Une semaine à l’hôpital de Roberval en tant que psychiatre-dépanneur m’a fait prendre conscience à quel point l’itinérance s’est propagée jusque dans les régions. Le nombre d’individus dans cette situation augmente en effet rapidement au Québec, observant une hausse de 44 % de 2018 à 2022 (ministère de la Santé et des Services sociaux, 2023). Au Saguenay–Lac-Saint-Jean, l’itinérance visible a crû de 28 % durant la même période, une tendance qui avait déjà fait l’objet d’une étude (Bergeron-Leclerc et Tremblay, 2019). La prévalence élevée des problèmes de santé mentale et de toxicomanie dans cette population est bien connue (Bonin et al., 2006), mais les ressources adaptées manquent en dehors des principaux centres urbains (Paradis, 2022 ; Porter, 2022).

Pratiquant auprès d’individus en situation d’itinérance à Montréal, soit au PRISM – Mission Bon Accueil, et conduisant des recherches sur ce sujet (Voisard et al., 2021 ; Laliberté et al., 2022 ; Soufi et al., 2023), je reste attentif à cette réalité. Ces personnes ont davantage recours aux services de santé mentale en urgence (Fazel et al., 2014)et les réadmissions après une hospitalisation s’avèrent nombreuses (Laliberté et al., 2020). Les limites du modèle hospitalier et la nécessité de développer des services spécifiques pour cette population ont bien été décrites (Farmer, 2011).

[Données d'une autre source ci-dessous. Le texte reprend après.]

-- ===== src/Bit/Rotate.antt =====
-- include/hlibc/bit.h: rotations, at the widths 8, 16, 32 and 64.
use native.Mathlib.Decide.{dec_lt}
use native.Mathlib.Nat.{mod-lt, mod-eq_of_lt, mod-add-mod, add-mod_right}
use hlibc.Base.{ℕ, ◌+◌, ◌-◌, ◌*◌, ◌/◌, ◌%◌, ◌^◌, ◌≤◌, ◌<◌, bit_or, ◌≡◌, ap, ◌∙◌, arith}
use hlibc.Bits.{
  bit, bit_ext_lt, bit_high, bit-bit_or, bit-mod_pow, bit-div_pow, bit-mul_pow_low,
  bit-mul_pow_high, bit_or-lt, lt_of_bits, pow-pos, shl, shr,
}

-- `(x << n) | (x >> (w - n))` in a `w`-bit word. At `n = 0` the second shift is by the whole width,
-- which C leaves undefined for 32 and 64 bits.
unfoldable pub rotl : ℕ → ℕ → ℕ → ℕ
rotl w x n = bit_or (shl w x n) (shr x (w - n))

unfoldable pub rotr : ℕ → ℕ → ℕ → ℕ
rotr w x n = bit_or (shr x n) (shl w x (w - n))

-- Digit `i` of the rotated word.
pub bit-rotl :
    (w x n i : ℕ) → x < 2 ^ w → n ≤ w → i < w → bit (rotl w x n) i ≡ bit x ((i + (w - n)) % w)
unfolding rotl
bit-rotl w x n i h k lt = elim (dec_lt i n) [
  | yes low ↦
      let place : (i + (w - n)) % w ≡ w - n + i = mod-eq_of_lt (omega arith) ∙ omega arith in
      omega (
        arith,
        ap (bit x) place,
        bit-bit_or (shl w x n) (shr x (w - n)) i,
        bit-mod_pow w (x * 2 ^ n) i lt,
        bit-mul_pow_low x n i low,
        bit-div_pow x (w - n) i,
      )
  | no high ↦
      let shift : i + (w - n) ≡ i - n + w = omega arith in
      let place : (i + (w - n)) % w ≡ i - n =
        ap (λ t. t % w) shift ∙ add-mod_right (i - n) w ∙ mod-eq_of_lt (omega arith) in
      omega (
        arith,
        ap (bit x) place,
        bit-bit_or (shl w x n) (shr x (w - n)) i,
        bit-mod_pow w (x * 2 ^ n) i lt,
        bit-mul_pow_high x n i (omega arith),
        bit-div_pow x (w - n) i,
        bit_high w x (w - n + i) h (omega arith),
      )
]

pub bit-rotr : (w x n i : ℕ) → x < 2 ^ w → n ≤ w → i < w → bit (rotr w x n) i ≡ bit x ((i + n) % w)
unfolding rotr
bit-rotr w x n i h k lt = elim (dec_lt i (w - n)) [
  | yes low ↦
      let place : (i + n) % w ≡ n + i = mod-eq_of_lt (omega arith) ∙ omega arith in
      omega (
        arith,
        ap (bit x) place,
        bit-bit_or (shr x n) (shl w x (w - n)) i,
        bit-mod_pow w (x * 2 ^ (w - n)) i lt,
        bit-mul_pow_low x (w - n) i low,
        bit-div_pow x n i,
      )
  | no high ↦
      let shift : i + n ≡ i - (w - n) + w = omega arith in
      let place : (i + n) % w ≡ i - (w - n) =
        ap (λ t. t % w) shift ∙ add-mod_right (i - (w - n)) w ∙ mod-eq_of_lt (omega arith) in
      omega (
        arith,
        ap (bit x) place,
        bit-bit_or (shr x n) (shl w x (w - n)) i,
        bit-mod_pow w (x * 2 ^ (w - n)) i lt,
        bit-mul_pow_high x (w - n) i (omega arith),
        bit-div_pow x n i,
        bit_high w x (n + i) h (omega arith),
      )
]

div_pow-lt : (w x n : ℕ) → x < 2 ^ w → x / 2 ^ n < 2 ^ w
div_pow-lt w x n h =
    lt_of_bits w (x / 2 ^ n) (λ i above. bit-div_pow x n i ∙ bit_high w x (n + i) h (omega arith))

pub rotl-lt : (w x n : ℕ) → x < 2 ^ w → rotl w x n < 2 ^ w
unfolding rotl
rotl-lt w x n h =
    bit_or-lt w (shl w x n) (shr x (w - n)) (mod-lt (x * 2 ^ n) (pow-pos w))
      (div_pow-lt w x (w - n) h)

rotr-lt : (w x n : ℕ) → x < 2 ^ w → rotr w x n < 2 ^ w
unfolding rotr
rotr-lt w x n h =
    bit_or-lt w (shr x n) (shl w x (w - n)) (div_pow-lt w x n h)
      (mod-lt (x * 2 ^ (w - n)) (pow-pos w))

-- At every width, a rotation by fewer than all digits is undone by the other one, in both orders.
pub rotr-rotl :
    (w x n : ℕ)
    → x < 2 ^ w
    → 0 < n
    → n < w
    → (rotr w (rotl w x n) n ≡ x) × (rotl w (rotr w x n) n ≡ x)
rotr-rotl w x n h pos lt = (
  bit_ext_lt w _ x (rotr-lt w (rotl w x n) n (rotl-lt w x n h)) h (λ i below.
      bit-rotr w (rotl w x n) n i (rotl-lt w x n h) (omega arith) below
      ∙ bit-rotl w x n ((i + n) % w) h (omega arith) (mod-lt (i + n) (omega arith))
      ∙ ap (bit x) (there i below)),
  bit_ext_lt w _ x (rotl-lt w (rotr w x n) n (rotr-lt w x n h)) h (λ i below.
      bit-rotl w (rotr w x n) n i (rotr-lt w x n h) (omega arith) below
      ∙ bit-rotr w x n ((i + (w - n)) % w) h (omega arith) (mod-lt (i + (w - n)) (omega arith))
      ∙ ap (bit x) (back i below)),
)
  where
    there : (i : ℕ) → i < w → ((i + n) % w + (w - n)) % w ≡ i
    there i below =
        let sum : i + n + (w - n) ≡ i + w = omega arith in
        mod-add-mod (i + n) w (w - n) ∙ ap (λ t. t % w) sum ∙ add-mod_right i w ∙ mod-eq_of_lt below

    back : (i : ℕ) → i < w → ((i + (w - n)) % w + n) % w ≡ i
    back i below =
        let sum : i + (w - n) + n ≡ i + w = omega arith in
        mod-add-mod (i + (w - n)) w n ∙ ap (λ t. t % w) sum ∙ add-mod_right i w ∙ mod-eq_of_lt below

Je souhaite maintenant faire part de quelques-unes de mes observations réalisées à ce sujet lors de ma semaine de dépannage et proposer quelques pistes de solutions. Sur mes 17 consultations provenant de la salle d’urgence, 6 se trouvaient en situation d’itinérance selon la définition canadienne, soit 35 % (Gaetz et al., 2012)[1]. Qui plus est, pour 7 de ces 17 consultations, il en a résulté un départ le jour même et pour 3 de plus, le lendemain. Ces présentations à l’urgence ont généralement pris place dans un contexte d’intoxication ou de crise situationnelle.

Pour conférer un peu de corps à ces données, je vais exposer plus en détail ma rencontre clinique avec une de ces personnes, logée provisoirement et en crise situationnelle, avant de perdre son toit et de rester à l’hôpital afin d’éviter de devenir sans-abri. Madame Carrier[2], dans la mi-trentaine, présente un trouble de personnalité limite et un trouble anxieux, et se promène avec une canne en raison d’une maladie chronique. Ancienne consommatrice de crack et de cocaïne, elle s’en tenait maintenant à l’alcool et la marijuana. Suite à une querelle avec sa mère, avec qui elle vivait, elle est sortie et s’est mise à hurler qu’elle voulait la tuer, puis s’enlever la vie. Quelqu’un a appelé le 911 et elle a été amenée à l’hôpital par des policiers.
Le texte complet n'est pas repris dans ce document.